§ BRIEF:
How many lines in the records below hold the string "false"? Please answer with the number and nothing more.

=== Begin Enclosure ===

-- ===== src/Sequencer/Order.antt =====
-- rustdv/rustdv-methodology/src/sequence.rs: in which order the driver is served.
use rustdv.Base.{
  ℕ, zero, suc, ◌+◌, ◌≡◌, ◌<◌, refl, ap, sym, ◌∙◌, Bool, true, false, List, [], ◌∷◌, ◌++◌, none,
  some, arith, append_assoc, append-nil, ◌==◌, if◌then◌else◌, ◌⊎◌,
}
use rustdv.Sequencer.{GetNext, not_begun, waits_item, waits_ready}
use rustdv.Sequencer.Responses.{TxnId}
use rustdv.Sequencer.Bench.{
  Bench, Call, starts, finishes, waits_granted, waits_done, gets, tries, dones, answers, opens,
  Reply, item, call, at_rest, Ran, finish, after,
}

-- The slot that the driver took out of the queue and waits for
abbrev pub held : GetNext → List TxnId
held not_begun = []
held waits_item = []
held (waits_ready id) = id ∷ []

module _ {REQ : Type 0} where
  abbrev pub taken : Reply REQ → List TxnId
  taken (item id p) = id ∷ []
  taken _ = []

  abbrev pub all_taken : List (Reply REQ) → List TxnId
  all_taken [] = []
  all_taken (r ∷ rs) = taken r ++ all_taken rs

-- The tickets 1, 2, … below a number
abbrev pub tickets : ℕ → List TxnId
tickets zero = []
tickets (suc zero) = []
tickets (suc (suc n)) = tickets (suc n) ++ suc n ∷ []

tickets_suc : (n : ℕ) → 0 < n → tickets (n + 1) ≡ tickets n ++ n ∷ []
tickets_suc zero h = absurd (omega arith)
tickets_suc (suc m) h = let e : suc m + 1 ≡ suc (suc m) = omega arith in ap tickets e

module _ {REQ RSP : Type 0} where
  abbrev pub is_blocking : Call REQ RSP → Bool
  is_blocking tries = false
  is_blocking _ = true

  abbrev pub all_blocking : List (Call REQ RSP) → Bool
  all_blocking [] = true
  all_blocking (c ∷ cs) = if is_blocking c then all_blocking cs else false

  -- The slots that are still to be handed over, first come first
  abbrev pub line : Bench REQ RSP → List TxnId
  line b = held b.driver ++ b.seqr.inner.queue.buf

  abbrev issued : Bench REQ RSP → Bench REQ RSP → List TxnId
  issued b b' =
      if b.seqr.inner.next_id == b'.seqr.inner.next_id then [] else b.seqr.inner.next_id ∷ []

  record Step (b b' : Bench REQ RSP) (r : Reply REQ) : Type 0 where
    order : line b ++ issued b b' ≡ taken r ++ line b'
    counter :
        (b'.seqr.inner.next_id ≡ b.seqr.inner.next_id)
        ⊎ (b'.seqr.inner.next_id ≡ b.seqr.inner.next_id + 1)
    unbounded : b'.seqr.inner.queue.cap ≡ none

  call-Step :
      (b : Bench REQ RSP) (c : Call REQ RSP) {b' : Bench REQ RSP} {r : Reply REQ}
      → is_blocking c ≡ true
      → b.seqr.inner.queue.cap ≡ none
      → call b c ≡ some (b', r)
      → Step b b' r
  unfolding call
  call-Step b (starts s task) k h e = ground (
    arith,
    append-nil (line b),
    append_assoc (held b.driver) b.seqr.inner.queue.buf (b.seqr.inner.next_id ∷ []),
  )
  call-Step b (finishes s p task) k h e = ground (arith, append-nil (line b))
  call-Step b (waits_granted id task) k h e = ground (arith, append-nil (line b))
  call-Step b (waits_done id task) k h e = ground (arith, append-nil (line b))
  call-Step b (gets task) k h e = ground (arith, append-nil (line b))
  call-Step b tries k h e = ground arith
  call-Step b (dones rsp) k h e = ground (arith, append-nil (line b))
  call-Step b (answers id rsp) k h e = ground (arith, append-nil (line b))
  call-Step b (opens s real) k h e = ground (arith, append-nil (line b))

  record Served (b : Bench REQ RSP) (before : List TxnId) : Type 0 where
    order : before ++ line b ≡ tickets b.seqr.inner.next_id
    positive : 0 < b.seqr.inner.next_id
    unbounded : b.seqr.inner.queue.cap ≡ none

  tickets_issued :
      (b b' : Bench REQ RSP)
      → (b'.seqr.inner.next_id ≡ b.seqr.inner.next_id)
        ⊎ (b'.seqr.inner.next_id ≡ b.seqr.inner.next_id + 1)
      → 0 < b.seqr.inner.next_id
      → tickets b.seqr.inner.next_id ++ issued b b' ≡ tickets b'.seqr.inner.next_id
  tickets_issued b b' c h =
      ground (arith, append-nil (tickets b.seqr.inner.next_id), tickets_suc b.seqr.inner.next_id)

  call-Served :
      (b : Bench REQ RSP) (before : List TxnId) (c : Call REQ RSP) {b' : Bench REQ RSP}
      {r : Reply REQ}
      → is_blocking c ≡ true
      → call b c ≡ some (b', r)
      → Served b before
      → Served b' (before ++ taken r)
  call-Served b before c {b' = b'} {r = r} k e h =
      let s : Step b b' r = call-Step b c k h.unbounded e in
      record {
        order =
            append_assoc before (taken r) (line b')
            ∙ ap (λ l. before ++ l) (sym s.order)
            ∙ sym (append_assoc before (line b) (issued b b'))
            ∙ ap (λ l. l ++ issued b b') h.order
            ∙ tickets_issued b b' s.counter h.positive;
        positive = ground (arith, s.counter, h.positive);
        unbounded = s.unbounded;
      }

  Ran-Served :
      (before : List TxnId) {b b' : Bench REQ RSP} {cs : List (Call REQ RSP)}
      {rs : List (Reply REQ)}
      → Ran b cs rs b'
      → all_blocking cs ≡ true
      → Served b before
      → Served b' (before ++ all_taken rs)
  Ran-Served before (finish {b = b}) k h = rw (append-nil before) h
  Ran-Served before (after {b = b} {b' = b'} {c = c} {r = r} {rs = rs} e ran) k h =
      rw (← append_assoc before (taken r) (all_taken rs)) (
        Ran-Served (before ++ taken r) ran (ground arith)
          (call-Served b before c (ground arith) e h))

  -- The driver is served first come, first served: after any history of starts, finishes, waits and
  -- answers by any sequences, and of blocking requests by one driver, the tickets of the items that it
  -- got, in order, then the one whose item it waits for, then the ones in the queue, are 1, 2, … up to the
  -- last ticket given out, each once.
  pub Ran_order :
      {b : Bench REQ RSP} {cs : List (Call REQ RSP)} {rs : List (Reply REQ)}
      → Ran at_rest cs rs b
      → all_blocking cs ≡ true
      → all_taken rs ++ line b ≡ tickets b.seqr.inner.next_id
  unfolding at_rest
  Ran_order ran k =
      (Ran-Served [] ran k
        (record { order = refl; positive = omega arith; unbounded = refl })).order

=== End Enclosure ===

§ REPLY:
3